══ INPUT

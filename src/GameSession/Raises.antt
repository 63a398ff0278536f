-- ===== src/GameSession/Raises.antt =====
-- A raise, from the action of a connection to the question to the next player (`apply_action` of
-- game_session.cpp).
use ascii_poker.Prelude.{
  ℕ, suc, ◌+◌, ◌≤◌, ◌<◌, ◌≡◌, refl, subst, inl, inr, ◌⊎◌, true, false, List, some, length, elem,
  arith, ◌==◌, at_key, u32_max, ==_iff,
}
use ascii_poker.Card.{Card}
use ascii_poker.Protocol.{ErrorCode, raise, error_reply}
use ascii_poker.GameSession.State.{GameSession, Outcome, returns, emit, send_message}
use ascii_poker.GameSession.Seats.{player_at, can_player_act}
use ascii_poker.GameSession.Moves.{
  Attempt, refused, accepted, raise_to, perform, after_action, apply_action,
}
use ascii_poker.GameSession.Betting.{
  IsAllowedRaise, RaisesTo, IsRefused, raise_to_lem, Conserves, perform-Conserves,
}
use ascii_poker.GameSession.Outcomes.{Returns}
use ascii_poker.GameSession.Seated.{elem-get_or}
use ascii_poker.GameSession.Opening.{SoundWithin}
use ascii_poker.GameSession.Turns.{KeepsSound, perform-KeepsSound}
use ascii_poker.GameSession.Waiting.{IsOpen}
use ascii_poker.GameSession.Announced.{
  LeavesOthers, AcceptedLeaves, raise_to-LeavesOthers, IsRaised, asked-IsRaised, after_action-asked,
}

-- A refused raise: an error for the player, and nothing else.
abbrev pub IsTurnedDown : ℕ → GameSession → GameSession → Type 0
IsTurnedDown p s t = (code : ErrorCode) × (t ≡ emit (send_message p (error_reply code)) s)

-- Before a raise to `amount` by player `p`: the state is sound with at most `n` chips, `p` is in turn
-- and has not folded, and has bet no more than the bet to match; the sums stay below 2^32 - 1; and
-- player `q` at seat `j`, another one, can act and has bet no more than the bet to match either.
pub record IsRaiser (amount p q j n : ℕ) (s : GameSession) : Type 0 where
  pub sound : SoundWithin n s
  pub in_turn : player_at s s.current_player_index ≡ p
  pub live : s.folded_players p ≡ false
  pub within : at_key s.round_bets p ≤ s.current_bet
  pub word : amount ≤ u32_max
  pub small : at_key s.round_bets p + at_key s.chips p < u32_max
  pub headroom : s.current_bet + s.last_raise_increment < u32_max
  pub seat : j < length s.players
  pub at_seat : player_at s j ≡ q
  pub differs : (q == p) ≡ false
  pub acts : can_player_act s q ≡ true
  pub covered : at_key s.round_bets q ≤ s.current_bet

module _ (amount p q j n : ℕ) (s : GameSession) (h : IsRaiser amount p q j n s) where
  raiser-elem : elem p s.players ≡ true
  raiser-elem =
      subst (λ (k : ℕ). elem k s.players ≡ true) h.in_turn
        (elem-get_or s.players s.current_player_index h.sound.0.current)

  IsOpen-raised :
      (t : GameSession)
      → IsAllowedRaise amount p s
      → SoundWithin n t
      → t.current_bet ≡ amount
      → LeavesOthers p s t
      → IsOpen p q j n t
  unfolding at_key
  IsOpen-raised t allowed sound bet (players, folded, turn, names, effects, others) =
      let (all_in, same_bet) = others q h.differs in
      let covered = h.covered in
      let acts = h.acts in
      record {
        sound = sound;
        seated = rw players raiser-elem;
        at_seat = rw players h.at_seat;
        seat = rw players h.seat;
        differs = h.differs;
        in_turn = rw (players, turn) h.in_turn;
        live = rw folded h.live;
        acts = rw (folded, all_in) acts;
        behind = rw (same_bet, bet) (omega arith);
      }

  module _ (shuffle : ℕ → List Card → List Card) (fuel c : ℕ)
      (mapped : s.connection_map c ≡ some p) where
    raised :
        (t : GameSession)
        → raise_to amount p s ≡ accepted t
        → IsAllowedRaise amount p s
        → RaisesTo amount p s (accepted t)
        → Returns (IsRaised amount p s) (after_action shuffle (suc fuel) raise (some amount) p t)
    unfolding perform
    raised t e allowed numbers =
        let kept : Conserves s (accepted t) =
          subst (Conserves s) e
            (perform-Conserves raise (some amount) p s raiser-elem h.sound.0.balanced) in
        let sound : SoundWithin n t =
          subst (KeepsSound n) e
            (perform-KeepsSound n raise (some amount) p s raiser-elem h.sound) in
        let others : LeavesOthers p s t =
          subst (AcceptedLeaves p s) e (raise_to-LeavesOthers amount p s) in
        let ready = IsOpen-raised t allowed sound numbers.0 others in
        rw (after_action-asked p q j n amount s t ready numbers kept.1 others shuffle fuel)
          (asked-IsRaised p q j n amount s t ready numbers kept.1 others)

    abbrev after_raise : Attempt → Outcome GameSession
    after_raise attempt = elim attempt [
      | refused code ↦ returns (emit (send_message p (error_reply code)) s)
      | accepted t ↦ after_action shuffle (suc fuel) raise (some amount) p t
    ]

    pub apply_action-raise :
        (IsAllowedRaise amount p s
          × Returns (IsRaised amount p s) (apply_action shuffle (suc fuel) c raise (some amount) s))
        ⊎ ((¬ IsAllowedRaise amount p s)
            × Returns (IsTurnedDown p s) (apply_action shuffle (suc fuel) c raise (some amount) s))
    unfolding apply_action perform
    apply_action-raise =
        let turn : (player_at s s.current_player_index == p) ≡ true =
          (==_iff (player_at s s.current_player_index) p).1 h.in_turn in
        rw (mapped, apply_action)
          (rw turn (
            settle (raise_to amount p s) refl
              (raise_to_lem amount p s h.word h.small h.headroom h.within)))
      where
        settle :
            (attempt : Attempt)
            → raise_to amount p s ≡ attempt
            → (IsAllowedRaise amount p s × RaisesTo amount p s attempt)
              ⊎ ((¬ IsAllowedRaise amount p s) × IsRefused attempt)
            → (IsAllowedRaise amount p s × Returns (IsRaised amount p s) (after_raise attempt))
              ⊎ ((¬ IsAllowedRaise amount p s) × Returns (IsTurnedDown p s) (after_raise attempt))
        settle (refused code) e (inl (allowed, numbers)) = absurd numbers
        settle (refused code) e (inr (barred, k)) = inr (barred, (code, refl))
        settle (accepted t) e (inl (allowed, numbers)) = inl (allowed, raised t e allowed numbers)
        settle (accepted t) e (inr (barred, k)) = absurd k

════
══ INPUT

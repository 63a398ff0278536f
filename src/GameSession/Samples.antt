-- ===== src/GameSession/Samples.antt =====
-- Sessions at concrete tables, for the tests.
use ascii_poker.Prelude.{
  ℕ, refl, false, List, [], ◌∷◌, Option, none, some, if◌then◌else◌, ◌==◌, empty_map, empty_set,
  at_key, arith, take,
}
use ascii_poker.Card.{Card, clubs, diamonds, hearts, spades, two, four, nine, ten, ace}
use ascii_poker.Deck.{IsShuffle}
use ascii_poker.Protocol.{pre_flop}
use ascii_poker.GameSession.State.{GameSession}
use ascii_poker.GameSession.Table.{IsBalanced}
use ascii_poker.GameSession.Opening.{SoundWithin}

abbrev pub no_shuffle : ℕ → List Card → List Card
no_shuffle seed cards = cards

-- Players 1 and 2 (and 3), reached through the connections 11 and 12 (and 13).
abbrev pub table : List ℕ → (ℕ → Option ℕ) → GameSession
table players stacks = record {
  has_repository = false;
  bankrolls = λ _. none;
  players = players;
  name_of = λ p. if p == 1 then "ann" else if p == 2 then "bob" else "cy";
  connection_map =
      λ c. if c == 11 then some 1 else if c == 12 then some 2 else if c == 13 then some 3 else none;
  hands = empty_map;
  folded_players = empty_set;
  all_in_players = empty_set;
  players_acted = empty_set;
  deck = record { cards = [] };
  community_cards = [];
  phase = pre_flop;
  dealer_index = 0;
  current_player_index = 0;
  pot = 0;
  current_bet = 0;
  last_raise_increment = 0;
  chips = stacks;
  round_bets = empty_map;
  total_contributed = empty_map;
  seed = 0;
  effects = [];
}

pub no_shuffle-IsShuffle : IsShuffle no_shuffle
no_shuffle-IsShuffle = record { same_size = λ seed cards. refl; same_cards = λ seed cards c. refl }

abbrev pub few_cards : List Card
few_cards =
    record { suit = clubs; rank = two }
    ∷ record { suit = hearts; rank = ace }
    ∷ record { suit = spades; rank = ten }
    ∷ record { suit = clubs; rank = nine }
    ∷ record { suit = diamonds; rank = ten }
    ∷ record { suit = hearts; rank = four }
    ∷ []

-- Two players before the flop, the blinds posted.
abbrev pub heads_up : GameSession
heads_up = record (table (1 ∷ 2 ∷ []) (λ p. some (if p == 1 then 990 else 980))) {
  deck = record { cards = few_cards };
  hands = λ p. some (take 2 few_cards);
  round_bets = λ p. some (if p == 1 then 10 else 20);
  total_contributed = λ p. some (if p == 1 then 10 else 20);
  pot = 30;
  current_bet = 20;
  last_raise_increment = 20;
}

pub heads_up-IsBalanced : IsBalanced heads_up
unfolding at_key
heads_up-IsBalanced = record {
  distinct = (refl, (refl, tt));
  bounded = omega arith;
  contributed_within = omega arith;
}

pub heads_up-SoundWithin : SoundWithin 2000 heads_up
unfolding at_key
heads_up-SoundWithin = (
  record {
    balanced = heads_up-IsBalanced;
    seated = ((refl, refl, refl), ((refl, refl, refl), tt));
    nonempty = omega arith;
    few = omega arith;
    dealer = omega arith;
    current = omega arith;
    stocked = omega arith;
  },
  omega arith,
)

════
══ INPUT

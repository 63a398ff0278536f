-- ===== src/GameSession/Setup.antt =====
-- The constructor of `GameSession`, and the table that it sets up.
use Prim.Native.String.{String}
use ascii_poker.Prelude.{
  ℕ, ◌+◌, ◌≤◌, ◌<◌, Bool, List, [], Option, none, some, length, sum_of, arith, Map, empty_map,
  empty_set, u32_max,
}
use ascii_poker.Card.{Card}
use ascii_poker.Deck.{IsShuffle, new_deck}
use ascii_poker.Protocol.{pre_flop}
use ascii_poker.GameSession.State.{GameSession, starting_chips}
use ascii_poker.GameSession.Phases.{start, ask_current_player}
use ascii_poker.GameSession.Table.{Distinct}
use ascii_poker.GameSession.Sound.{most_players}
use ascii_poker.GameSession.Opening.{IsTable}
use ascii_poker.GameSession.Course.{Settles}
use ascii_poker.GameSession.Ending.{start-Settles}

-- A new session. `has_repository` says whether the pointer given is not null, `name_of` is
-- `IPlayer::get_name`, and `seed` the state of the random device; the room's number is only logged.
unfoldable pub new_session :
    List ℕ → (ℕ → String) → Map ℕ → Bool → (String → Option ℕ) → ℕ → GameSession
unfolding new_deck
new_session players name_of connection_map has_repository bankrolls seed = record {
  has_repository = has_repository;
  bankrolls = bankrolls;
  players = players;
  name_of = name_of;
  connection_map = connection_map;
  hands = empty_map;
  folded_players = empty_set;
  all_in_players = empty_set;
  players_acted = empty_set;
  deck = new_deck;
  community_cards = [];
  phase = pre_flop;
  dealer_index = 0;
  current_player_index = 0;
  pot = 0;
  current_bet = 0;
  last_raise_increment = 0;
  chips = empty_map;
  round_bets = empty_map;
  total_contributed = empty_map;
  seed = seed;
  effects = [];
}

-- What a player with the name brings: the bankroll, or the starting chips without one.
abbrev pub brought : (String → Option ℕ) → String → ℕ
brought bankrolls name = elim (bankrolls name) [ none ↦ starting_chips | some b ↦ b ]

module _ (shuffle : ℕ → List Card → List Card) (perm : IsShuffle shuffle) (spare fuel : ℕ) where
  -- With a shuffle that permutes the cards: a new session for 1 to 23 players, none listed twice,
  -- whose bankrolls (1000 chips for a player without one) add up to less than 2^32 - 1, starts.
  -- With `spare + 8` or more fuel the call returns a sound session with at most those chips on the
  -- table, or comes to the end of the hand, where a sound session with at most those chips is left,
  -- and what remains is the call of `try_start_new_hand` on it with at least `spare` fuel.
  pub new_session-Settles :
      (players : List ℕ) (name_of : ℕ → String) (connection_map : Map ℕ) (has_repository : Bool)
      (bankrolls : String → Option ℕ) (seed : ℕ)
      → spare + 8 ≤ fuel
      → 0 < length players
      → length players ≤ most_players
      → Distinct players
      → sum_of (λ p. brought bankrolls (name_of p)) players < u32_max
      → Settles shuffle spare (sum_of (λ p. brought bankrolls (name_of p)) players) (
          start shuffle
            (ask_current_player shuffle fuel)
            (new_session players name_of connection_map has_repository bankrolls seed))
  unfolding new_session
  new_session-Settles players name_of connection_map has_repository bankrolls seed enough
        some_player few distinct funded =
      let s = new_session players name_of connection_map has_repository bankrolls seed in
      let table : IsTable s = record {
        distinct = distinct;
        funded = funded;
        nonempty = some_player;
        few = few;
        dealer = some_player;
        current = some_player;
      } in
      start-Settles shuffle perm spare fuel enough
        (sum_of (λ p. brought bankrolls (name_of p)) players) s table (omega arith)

════

## DESCRIPTION OF THE TASK:
Pick every line containing the word "subst" out of the material, and copy those lines.

## EXERCISE RESULT:
  ℕ, suc, ◌+◌, ◌≤◌, ◌<◌, ◌≡◌, refl, subst, inl, inr, ◌⊎◌, true, false, List, some, length, elem,
      subst (λ (k : ℕ). elem k s.players ≡ true) h.in_turn
          subst (Conserves s) e
          subst (KeepsSound n) e
          subst (AcceptedLeaves p s) e (raise_to-LeavesOthers amount p s) in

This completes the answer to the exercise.